How can we know for sure which "assertion" is meta-level?

by user 170039   Last Updated September 11, 2019 19:20 PM

Probably this is a very naive question, but I couldn't really find an answer to this question while browsing through the internet and so I am asking this here. In this book, the authors write the following,

The notion of consequence, however, belongs to the meta-language of a logical discourse. If the pair $\langle F,\vdash\rangle$ is taken as the definition of a logic, the items in $F$, the sentences (or formal strings of symbols belonging to the alphabet, the well-formed formulae) fall within the object-level entities while the relation $\vdash$, which is a relation between a subset $X$ of $F$ and an element $α$ of $F$, belongs to the meta-language. $X\vdash α$, if properly written, becomes $``X"\vdash ``α"$, which is an assertion, viz. the wff named $``\alpha"$ is a consequence of the set of wffs named $``X"$. This assertion speaks something about specific object linguistic items $X$ and $α$. So, this is a meta-linguistic assertion.
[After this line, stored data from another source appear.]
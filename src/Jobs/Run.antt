-- ===== src/Jobs/Run.antt =====
-- That the jobs of jobs.rs keep to their stories, whatever happens in between.
use rc_launcher.Base.{
  ℕ, suc, ◌≤◌, ◌<◌, ◌≡◌, refl, sym, ap, ◌∙◌, inl, inr, Bool, true, false, Option, some, List, [],
  ◌∷◌, ◌++◌, get_elem?, leb, ◌==◌, Bool-cases, Option-cases, arith, ok, err, max, ok-injective,
}
use rc_launcher.Base.Text.{Text, codes, lookup}
use rc_launcher.Error.{other}
use rc_launcher.Event.{Event, publish, lifecycle_event, error_event, progress_event}
use rc_launcher.Jobs.{
  Spec, Phase, checking, reporting, ending, done, Job, World, fails_at, publish_by, start_job,
  spawn_job, text_or, go_to, begin_step, check, advance, raise_flag, cancel_job,
}
use rc_launcher.Jobs.Trace.{
  Step, spawned, advanced, cancelled, Reachable, fresh, next, published, started_event, reports,
  Spared, Last, completed, failed, stopped, Story, at_check, at_report, at_end, over, Told,
  set_job-Told, push-Told, start-Told,
}

module _ {V : Type 0} (show : ℕ → Text) (scope label : Text) (steps : ℕ) (fail_at : Option ℕ) where
  checking-Story :
      (i : ℕ) (es : List (Event V))
      → Story show scope label steps fail_at (checking i) es
      → (k : ℕ) × (i ≡ suc k)
        × (k ≤ steps)
        × Spared fail_at k
        × (es ≡ started_event show scope label steps ∷ reports show scope label steps k)
  checking-Story _ _ (at_check {k = k} h s) = (k, refl, h, s, refl)

  reporting-Story :
      (i : ℕ) (es : List (Event V))
      → Story show scope label steps fail_at (reporting i) es
      → (k : ℕ) × (i ≡ suc k)
        × (k < steps)
        × Spared fail_at (suc k)
        × (es ≡ started_event show scope label steps ∷ reports show scope label steps k)
  reporting-Story _ _ (at_report {k = k} h s) = (k, refl, h, s, refl)

  ending-Story :
      (es : List (Event V))
      → Story show scope label steps fail_at ending es
      → Story show scope label steps fail_at done es
  ending-Story _ (at_end l) = over l

Spared-suc :
    (fail_at : Option ℕ) (k : ℕ)
    → Spared fail_at k
    → fails_at fail_at (suc k) ≡ false
    → Spared fail_at (suc k)
Spared-suc fail_at k s h i lt = elim (Bool-cases (i == k)) [
  | inl e ↦ let same : i ≡ k = ground (arith, e) in ap (λ n. fails_at fail_at (suc n)) same ∙ h
  | inr e ↦ s i (ground (arith, e, lt))
]

module _ {V S : Type 0} (show : ℕ → Text) where
  -- What a step says of the world.
  abbrev ToldIn : World V S → Type 0
  ToldIn w = Told show w.jobs w.log

  module _ (n : ℕ) (j : Job) (w : World V S) (t : ToldIn w)
      (here : get_elem? w.jobs n ≡ some j) where
    -- The job goes to its end with a last event.
    publish_by-Told :
        (k : ℕ) (e : Event V)
        → published n w.log
          ≡ started_event show j.scope j.label j.steps ∷ reports show j.scope j.label j.steps k
        → Last show j.scope j.label j.steps j.fail_at k (record e { seq = 0 })
        → ToldIn (publish_by show n e (go_to show n j ending w))
    unfolding publish_by publish
    publish_by-Told k e before l =
        push-Told show n j (record j { phase = ending }) w.jobs w.log
          (record e { seq = w.bus.next_seq }) t here (rw (before) (at_end l))

    Before : ℕ → Type 0
    Before k =
        published n w.log
        ≡ started_event show j.scope j.label j.steps ∷ reports show j.scope j.label j.steps k

    -- The check of the step behind `k` reported ones.
    begin_step-Told :
        (flag fails : Bool) (k : ℕ)
        → k < j.steps
        → Spared j.fail_at k
        → Before k
        → fails_at j.fail_at (suc k) ≡ fails
        → ToldIn (begin_step show flag fails n j (suc k) w)
    unfolding begin_step Before
    begin_step-Told true fails k lt spared before f =
        publish_by-Told k
          (lifecycle_event j.scope (codes "cancelled") (j.label ++ codes " cancelled")) before
          (stopped lt)
    begin_step-Told false true k lt spared before f =
        publish_by-Told k
          (error_event j.scope (j.label ++ (codes " failed at step " ++ show (suc k)))) before
          (failed lt f)
    begin_step-Told false false k lt spared before f =
        set_job-Told show n j (record j { phase = reporting (suc k) }) w.jobs w.log w.log t here
          (λ m apart. refl) (rw (before) (at_report lt (Spared-suc j.fail_at k spared f)))

    -- The head of the loop behind `k` reported steps.
    check_from :
        (k : ℕ) → k ≤ j.steps → Spared j.fail_at k → Before k → ToldIn (check show n j (suc k) w)
    unfolding check Before
    check_from k le spared before = elim (Bool-cases (leb (suc k) j.steps)) [
      | inr beyond ↦
          let all : k ≡ j.steps = ground (arith, beyond, le) in
          let before' =
            before
            ∙ ap
                (λ k.
                  started_event show j.scope j.label j.steps
                  ∷ reports show j.scope j.label j.steps k)
                all in
          let spared' : Spared j.fail_at j.steps = rw (sym all) spared in
          rw (check, beyond)
            (publish_by-Told j.steps
              (lifecycle_event j.scope (codes "completed") (j.label ++ codes " completed")) before'
              (completed spared'))
      | inl within ↦
          rw (check, within)
            (begin_step-Told j.cancelled (fails_at j.fail_at (suc k)) k (ground (arith, within))
              spared before refl)
    ]

    check-Told : (i : ℕ) → j.phase ≡ checking i → ToldIn (check show n j i w)
    unfolding Before
    check-Told i at =
        let (k, next_step, le, spared, before) =
          checking-Story show j.scope j.label j.steps j.fail_at i (published n w.log)
            (rw (sym at) (t.story n j here)) in
        rw (next_step) (check_from k le spared before)

    -- The report of step `suc k`.
    report_from :
        (k : ℕ)
        → k < j.steps
        → Spared j.fail_at (suc k)
        → Before k
        → ToldIn (
            publish_by show n
              (progress_event j.scope
                (j.label ++ (codes " step " ++ show (suc k)))
                (suc k)
                (some j.steps))
              (go_to show n j (checking (suc (suc k))) w))
    unfolding Before publish_by publish reports
    report_from k lt spared before =
        let e =
          progress_event j.scope (j.label ++ (codes " step " ++ show (suc k))) (suc k)
            (some j.steps) in
        push-Told show n j (record j { phase = checking (suc (suc k)) }) w.jobs w.log
          (record e { seq = w.bus.next_seq }) t here (rw (before) (at_check lt spared))

    report-Told :
        (i : ℕ)
        → j.phase ≡ reporting i
        → ToldIn (
            publish_by show n
              (progress_event j.scope (j.label ++ (codes " step " ++ show i)) i (some j.steps))
              (go_to show n j (checking (suc i)) w))
    unfolding Before
    report-Told i at =
        let (k, next_step, lt, spared, before) =
          reporting-Story show j.scope j.label j.steps j.fail_at i (published n w.log)
            (rw (sym at) (t.story n j here)) in
        rw (next_step) (report_from k lt spared before)

    advance-Told : ToldIn (advance show n j w)
    unfolding advance
    advance-Told = by_phase j.phase refl
      where
        by_phase : (p : Phase) → j.phase ≡ p → ToldIn (advance show n j w)
        by_phase (checking i) at = rw (advance, at) (check-Told i at)
        by_phase (reporting i) at = rw (advance, at) (report-Told i at)
        by_phase ending at =
            rw (advance, at)
              (set_job-Told show n j (record j { phase = done }) w.jobs w.log w.log t here
                (λ m apart. refl)
                (ending-Story show j.scope j.label j.steps j.fail_at (published n w.log)
                  (rw (sym at) (t.story n j here))))
        by_phase done at = rw (advance, at) t

  start_job-Told :
      (scope label : Text) (steps : ℕ) (fail_at : Option ℕ) (w : World V S)
      → ToldIn w
      → ToldIn (start_job show scope label steps fail_at w)
  unfolding start_job publish_by publish reports
  start_job-Told scope label steps fail_at w t =
      let e = lifecycle_event scope (codes "started") (label ++ codes " started") in
      let j : Job = record {
        scope = scope;
        label = label;
        steps = steps;
        fail_at = fail_at;
        cancelled = false;
        phase = checking 1;
      } in
      start-Told show j w.jobs w.log (record e { seq = w.bus.next_seq }) t
        (at_check (omega arith) (λ i lt. absurd (omega (arith, lt))))

  spawn_job-Told :
      (spec : Spec) (w v : World V S) → spawn_job show spec w ≡ ok v → ToldIn w → ToldIn v
  unfolding spawn_job
  spawn_job-Told spec w v h t = named (text_or (codes "job") spec.scope) h
    where
      named :
          (scope : Text)
          → (elim scope [
            | [] ↦ err (other "job scope must not be empty")
            | c ∷ t ↦ ok (
                start_job show
                  (c ∷ t)
                  (text_or (codes "job") spec.label)
                  (max (text_or 1 spec.steps) 1)
                  spec.fail_at
                  w)
          ])
            ≡ ok v
          → ToldIn v
      named [] h = absurd (cc)
      named (c ∷ s) h = rw (sym (ok-injective h)) (
          start_job-Told (c ∷ s) (text_or (codes "job") spec.label) (max (text_or 1 spec.steps) 1)
            spec.fail_at w t)

  raise_flag-Told : (n : ℕ) (w : World V S) → ToldIn w → ToldIn (raise_flag n w)
  unfolding raise_flag
  raise_flag-Told n w t = elim (Option-cases (get_elem? w.jobs n)) [
    | inl e ↦ rw (raise_flag, e) t
    | inr (j, e) ↦
        rw (raise_flag, e)
          (set_job-Told show n j (record j { cancelled = true }) w.jobs w.log w.log t e
            (λ m apart. refl) (t.story n j e))
  ]

  cancel_job-Told : (scope : Text) (w : World V S) → ToldIn w → ToldIn ((cancel_job scope w).1)
  unfolding cancel_job
  cancel_job-Told scope w t = elim (Option-cases (lookup scope w.cancels)) [
    | inl e ↦ rw (cancel_job, e) t
    | inr (n, e) ↦ rw (cancel_job, e) (raise_flag-Told n w t)
  ]

  Step-Told : (w v : World V S) → Step show w v → ToldIn w → ToldIn v
  Step-Told w v (spawned spec h) t = spawn_job-Told spec w v h t
  Step-Told w _ (advanced n j here) t = advance-Told n j w t here
  Step-Told w _ (cancelled scope) t = cancel_job-Told scope w t

  Reachable-Told : (w : World V S) → Reachable show w → ToldIn w
  unfolding published
  Reachable-Told _ (fresh bus) = record { story = λ n j h. absurd (cc); silent = λ n h. refl }
  Reachable-Told v (next {w = w} r s) = Step-Told w v s (Reachable-Told w r)

  -- In whatever order jobs are spawned, advance and are cancelled, what a job has published is its
  -- `started` event, the progress of its steps from the first one on, and at most one more event at its
  -- end: `completed` if all its steps were reported and none fails, the error of the next step if that
  -- is the one that fails, or `cancelled`.
  pub Reachable-Story :
      (w : World V S)
      → Reachable show w
      → (n : ℕ) (j : Job) → get_elem? w.jobs n ≡ some j
      → Story show j.scope j.label j.steps j.fail_at j.phase (published n w.log)
  Reachable-Story w r n j here = (Reachable-Told w r).story n j here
I agree with the analysis here but the analysis here is specific to the way we are viewing $\vdash$. I am wondering is it must be the case that the notion of logical consequence can only be expressed in the meta-language? Why so? More specifically, how can we be sure that the notion of logical consequence cannot be expressed in the object language?



Answers 1


The question you've asked, at least how I'm interpreting it, is very deep and gets at the core of what much of logic in the 20th century was about.

The tl;dr is that if your system is "powerful enough", you can (kind of) encode $\vdash$ inside the system, but this comes with some caveats. I won't formalize what I mean by this, but rest assured that the Natural Numbers $\mathbb{N}$ with their usual signature ($0,1,+,\times$) is "powerful enough", and many other logics are too. Let's run through how one might encode $\vdash$ inside the language of $\mathbb{N}$, and at the end we can discuss the caveats.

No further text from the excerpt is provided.